What is expected: Which lines of the records below contain the word "insert"? Copy each of them out.

(Dataset entries)
**********

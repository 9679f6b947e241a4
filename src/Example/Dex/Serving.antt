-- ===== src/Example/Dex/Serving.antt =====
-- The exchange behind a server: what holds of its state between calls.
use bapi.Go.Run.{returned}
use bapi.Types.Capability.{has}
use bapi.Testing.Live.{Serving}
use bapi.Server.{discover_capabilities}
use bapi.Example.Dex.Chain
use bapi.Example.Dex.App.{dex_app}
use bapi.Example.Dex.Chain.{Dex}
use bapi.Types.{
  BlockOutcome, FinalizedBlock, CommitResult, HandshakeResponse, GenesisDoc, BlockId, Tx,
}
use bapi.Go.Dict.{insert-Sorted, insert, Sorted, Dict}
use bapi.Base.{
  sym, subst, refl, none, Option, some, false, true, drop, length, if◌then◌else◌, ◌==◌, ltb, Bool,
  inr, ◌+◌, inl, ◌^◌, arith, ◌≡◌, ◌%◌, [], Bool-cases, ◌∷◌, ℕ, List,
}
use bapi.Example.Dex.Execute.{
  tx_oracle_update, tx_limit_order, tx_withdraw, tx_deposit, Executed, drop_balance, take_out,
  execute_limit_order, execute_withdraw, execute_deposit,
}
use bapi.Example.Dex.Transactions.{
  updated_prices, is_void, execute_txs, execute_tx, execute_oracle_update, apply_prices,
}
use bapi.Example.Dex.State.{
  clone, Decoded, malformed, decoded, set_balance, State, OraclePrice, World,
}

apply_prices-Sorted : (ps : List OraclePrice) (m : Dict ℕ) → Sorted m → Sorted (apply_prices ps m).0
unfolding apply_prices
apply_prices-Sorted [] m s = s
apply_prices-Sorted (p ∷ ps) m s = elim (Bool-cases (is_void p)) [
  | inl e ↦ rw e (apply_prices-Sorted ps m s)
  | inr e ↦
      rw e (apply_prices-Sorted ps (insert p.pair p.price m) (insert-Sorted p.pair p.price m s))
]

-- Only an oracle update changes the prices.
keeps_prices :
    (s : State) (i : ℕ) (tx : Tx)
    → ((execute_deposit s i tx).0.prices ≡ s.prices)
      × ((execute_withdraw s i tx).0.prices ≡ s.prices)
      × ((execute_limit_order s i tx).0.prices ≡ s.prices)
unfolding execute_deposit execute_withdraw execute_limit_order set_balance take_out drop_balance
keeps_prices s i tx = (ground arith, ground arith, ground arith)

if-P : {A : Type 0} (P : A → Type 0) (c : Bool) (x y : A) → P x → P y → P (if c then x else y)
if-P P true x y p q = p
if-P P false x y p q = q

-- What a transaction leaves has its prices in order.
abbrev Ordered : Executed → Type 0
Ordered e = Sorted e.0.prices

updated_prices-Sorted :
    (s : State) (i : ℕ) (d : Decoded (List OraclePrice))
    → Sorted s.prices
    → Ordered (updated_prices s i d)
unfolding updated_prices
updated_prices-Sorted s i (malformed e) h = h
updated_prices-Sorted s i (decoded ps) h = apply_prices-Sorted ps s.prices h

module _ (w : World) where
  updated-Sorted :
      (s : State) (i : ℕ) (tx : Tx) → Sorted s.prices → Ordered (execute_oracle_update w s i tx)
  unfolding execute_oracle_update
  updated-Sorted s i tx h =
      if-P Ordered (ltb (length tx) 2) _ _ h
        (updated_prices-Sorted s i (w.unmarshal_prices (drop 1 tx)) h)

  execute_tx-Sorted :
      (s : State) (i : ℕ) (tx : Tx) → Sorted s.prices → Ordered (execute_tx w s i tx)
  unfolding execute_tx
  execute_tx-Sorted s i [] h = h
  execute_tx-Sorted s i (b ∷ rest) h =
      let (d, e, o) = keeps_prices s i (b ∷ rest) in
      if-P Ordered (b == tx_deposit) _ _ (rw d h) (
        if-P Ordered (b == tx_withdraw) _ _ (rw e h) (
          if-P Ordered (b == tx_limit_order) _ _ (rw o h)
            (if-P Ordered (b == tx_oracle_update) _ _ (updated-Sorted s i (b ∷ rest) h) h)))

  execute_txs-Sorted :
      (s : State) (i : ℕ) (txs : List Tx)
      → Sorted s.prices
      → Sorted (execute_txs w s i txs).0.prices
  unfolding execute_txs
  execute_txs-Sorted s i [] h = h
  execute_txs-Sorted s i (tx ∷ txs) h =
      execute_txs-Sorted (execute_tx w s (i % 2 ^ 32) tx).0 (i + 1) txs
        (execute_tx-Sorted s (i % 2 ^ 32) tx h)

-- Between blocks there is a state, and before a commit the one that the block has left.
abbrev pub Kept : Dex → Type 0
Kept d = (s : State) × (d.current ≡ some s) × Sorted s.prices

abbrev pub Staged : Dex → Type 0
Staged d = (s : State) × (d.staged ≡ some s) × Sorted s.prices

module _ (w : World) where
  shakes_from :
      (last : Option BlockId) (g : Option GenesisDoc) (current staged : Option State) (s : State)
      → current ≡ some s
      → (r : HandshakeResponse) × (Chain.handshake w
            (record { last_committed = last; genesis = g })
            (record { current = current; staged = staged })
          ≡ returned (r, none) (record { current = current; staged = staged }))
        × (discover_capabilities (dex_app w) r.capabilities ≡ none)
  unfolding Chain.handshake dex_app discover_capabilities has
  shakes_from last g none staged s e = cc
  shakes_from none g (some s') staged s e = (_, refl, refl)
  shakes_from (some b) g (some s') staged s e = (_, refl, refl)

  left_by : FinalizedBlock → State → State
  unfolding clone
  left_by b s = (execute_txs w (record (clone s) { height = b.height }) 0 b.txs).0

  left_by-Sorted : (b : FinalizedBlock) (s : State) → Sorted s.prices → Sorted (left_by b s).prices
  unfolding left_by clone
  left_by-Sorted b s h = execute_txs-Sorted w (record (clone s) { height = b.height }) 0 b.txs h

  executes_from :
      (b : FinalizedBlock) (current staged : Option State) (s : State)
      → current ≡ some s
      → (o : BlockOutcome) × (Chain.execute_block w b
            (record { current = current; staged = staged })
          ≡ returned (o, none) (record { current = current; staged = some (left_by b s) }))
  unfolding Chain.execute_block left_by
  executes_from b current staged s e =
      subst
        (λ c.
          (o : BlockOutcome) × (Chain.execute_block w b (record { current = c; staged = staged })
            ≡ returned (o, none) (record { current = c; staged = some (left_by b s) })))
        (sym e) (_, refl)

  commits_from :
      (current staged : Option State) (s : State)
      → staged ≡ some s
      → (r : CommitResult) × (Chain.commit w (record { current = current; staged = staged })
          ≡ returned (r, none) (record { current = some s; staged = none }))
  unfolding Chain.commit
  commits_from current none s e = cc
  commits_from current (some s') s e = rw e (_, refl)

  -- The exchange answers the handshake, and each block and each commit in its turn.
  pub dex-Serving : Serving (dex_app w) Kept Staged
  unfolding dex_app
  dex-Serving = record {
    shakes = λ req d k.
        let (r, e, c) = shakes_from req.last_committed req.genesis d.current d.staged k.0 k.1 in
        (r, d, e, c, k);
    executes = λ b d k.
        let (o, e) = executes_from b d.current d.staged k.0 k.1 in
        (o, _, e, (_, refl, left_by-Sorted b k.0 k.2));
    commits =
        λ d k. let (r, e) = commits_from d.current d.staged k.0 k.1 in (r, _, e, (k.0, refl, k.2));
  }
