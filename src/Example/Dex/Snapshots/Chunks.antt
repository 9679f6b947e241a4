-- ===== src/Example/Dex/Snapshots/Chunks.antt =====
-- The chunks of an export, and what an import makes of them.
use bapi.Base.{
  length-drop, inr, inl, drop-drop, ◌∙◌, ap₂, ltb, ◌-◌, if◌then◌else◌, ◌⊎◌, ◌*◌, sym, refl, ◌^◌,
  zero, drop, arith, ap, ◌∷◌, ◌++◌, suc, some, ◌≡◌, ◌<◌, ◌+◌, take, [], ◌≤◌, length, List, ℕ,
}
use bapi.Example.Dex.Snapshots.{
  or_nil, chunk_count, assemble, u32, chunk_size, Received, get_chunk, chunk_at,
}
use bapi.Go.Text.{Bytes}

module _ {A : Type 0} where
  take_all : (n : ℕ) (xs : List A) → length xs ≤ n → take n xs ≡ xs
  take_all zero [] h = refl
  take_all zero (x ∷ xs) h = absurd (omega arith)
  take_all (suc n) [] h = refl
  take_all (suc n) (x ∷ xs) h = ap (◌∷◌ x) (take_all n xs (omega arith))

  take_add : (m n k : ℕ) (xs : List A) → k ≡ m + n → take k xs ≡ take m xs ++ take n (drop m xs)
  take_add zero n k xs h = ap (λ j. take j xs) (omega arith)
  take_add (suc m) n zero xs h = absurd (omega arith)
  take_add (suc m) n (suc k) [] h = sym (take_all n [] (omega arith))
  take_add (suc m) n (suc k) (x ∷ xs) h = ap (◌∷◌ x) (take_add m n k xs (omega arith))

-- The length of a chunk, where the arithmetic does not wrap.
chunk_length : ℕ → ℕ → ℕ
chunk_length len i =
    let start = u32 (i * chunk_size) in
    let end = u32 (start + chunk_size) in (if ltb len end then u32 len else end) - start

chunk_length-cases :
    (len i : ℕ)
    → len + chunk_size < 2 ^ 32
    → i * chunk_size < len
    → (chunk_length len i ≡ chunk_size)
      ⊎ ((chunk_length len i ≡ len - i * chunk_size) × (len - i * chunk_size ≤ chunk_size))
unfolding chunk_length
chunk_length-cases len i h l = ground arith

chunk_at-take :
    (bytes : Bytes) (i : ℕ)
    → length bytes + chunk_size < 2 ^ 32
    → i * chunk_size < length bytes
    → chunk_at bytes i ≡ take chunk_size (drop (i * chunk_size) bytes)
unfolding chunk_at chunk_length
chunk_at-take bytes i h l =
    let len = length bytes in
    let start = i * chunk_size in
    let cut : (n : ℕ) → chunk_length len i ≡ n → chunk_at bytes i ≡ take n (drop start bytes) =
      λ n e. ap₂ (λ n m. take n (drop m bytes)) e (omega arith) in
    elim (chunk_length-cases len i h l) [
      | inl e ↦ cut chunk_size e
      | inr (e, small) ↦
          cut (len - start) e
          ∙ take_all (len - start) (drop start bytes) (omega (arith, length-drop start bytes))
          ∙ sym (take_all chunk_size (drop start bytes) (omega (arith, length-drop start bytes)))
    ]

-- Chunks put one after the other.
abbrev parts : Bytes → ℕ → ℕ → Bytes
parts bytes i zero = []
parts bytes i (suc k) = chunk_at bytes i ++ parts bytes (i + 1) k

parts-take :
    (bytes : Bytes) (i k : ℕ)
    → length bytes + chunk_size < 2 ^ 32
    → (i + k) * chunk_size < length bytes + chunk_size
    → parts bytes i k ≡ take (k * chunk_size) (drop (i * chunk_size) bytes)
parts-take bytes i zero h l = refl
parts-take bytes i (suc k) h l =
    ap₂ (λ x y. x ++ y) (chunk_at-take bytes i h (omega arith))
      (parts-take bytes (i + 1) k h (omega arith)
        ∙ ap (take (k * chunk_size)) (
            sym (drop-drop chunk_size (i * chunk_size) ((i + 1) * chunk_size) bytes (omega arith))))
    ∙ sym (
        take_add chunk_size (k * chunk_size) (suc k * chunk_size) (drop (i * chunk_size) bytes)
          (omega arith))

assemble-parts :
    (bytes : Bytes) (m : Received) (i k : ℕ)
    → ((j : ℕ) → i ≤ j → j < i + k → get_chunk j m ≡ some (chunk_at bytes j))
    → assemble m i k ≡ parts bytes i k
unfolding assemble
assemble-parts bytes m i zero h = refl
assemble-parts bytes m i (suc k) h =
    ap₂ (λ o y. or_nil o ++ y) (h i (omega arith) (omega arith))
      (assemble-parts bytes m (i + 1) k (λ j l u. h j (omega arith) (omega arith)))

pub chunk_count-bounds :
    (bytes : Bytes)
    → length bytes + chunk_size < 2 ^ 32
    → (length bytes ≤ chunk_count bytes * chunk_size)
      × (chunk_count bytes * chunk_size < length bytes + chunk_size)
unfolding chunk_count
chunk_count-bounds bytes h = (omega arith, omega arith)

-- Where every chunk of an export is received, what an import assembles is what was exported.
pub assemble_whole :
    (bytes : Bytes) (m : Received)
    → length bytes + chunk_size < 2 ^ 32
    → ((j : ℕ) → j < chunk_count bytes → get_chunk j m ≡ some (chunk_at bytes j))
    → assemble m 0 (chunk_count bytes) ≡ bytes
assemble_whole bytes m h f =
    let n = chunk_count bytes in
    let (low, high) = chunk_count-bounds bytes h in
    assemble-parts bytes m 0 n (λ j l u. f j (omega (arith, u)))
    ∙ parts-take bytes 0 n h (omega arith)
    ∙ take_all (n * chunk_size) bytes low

**********

Expected answer:
use bapi.Go.Dict.{insert-Sorted, insert, Sorted, Dict}
      rw e (apply_prices-Sorted ps (insert p.pair p.price m) (insert-Sorted p.pair p.price m s))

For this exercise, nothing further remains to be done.